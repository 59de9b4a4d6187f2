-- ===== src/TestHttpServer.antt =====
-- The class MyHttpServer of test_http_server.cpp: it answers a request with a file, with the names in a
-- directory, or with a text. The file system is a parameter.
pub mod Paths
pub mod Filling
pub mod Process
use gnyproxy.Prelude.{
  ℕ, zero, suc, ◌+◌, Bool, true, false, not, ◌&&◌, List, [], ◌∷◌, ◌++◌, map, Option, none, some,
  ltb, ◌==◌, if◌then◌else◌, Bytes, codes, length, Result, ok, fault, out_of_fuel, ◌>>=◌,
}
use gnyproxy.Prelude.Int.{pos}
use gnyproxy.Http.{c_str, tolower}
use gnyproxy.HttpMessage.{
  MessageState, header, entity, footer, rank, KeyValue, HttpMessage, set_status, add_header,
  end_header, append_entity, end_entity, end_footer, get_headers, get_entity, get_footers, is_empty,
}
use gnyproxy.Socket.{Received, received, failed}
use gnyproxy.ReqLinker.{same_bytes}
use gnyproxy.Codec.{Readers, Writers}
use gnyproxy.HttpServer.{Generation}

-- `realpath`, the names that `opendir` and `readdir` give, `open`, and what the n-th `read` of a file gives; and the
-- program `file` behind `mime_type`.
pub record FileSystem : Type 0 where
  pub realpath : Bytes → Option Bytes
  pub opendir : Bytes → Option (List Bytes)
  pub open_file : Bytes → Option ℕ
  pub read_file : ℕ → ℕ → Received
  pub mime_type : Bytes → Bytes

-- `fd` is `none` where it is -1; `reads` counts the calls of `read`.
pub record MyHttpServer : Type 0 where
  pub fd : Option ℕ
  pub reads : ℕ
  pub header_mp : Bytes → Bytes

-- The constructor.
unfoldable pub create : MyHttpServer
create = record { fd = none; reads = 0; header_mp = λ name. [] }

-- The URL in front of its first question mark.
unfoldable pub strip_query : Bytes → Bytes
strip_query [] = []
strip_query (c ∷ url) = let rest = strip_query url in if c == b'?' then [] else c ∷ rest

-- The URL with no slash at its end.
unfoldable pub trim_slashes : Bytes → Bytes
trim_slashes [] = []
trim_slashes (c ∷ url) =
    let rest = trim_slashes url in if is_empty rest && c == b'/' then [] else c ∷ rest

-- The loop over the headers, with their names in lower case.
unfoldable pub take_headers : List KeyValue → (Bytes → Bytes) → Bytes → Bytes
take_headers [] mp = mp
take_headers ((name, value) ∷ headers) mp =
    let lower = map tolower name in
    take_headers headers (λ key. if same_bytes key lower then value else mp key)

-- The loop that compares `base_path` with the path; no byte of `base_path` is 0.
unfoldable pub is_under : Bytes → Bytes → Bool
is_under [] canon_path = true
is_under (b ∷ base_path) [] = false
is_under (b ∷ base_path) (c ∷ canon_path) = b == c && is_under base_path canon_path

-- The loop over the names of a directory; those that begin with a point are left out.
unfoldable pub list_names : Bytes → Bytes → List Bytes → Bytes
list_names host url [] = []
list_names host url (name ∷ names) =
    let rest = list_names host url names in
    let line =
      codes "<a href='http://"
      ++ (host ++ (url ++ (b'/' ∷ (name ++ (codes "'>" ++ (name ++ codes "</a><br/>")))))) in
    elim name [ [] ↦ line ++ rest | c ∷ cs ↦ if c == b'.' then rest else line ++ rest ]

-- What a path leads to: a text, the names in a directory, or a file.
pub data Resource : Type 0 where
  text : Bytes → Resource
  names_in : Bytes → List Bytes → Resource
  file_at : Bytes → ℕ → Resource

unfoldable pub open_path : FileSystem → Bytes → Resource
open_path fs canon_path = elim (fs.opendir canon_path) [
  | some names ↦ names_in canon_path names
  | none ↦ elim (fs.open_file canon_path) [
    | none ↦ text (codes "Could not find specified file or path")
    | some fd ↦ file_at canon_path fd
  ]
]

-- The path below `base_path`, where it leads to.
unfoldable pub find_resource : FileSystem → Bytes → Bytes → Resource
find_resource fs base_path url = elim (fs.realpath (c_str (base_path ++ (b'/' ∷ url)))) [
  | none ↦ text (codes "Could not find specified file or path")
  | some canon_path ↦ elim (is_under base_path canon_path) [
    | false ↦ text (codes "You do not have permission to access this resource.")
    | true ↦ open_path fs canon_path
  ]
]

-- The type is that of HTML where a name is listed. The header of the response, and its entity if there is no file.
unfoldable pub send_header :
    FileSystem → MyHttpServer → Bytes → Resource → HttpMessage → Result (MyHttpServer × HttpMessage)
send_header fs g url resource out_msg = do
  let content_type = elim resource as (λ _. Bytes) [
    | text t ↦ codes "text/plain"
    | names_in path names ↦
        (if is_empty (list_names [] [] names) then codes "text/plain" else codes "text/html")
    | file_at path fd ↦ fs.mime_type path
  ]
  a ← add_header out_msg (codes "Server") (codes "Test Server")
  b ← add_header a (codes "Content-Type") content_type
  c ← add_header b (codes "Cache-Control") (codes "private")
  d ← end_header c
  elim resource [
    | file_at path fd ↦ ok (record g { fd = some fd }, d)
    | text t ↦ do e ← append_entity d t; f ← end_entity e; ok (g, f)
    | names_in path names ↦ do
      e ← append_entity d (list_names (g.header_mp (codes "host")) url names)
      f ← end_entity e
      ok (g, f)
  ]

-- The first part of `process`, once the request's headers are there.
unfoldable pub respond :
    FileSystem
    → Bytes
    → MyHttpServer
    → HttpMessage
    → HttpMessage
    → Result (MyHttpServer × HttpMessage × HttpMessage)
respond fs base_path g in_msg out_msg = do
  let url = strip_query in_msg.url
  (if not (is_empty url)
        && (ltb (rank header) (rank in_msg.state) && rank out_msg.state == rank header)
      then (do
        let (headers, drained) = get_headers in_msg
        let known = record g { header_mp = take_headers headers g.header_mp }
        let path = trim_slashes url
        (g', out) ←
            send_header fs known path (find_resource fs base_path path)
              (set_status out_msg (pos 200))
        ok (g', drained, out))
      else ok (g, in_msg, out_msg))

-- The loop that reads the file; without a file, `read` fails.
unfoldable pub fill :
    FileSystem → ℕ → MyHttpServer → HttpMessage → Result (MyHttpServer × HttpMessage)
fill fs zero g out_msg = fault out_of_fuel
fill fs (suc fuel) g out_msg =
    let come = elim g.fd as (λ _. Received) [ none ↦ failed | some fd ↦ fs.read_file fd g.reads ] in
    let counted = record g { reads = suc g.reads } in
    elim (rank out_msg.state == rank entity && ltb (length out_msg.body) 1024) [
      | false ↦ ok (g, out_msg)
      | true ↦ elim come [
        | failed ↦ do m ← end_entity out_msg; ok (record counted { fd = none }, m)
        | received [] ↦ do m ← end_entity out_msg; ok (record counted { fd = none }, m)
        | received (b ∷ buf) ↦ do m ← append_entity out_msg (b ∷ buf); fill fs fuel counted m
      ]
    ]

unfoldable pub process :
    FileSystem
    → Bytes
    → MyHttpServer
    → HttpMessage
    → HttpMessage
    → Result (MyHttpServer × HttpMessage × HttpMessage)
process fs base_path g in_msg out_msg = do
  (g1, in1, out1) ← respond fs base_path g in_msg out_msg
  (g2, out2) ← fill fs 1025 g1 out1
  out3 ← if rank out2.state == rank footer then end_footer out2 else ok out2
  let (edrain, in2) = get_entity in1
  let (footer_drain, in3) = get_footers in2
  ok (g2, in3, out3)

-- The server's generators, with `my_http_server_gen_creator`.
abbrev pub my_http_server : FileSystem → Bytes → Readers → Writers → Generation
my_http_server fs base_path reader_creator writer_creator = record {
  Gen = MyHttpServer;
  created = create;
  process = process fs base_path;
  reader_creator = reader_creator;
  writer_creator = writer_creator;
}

**********

Word for word, restate only the lines from the one containing "ok (g2, in3, out3)" through the last line of the entries, with both ends kept.

EXERCISE ANSWER »
  ok (g2, in3, out3)

-- The server's generators, with `my_http_server_gen_creator`.
abbrev pub my_http_server : FileSystem → Bytes → Readers → Writers → Generation
my_http_server fs base_path reader_creator writer_creator = record {
  Gen = MyHttpServer;
  created = create;
  process = process fs base_path;
  reader_creator = reader_creator;
  writer_creator = writer_creator;
}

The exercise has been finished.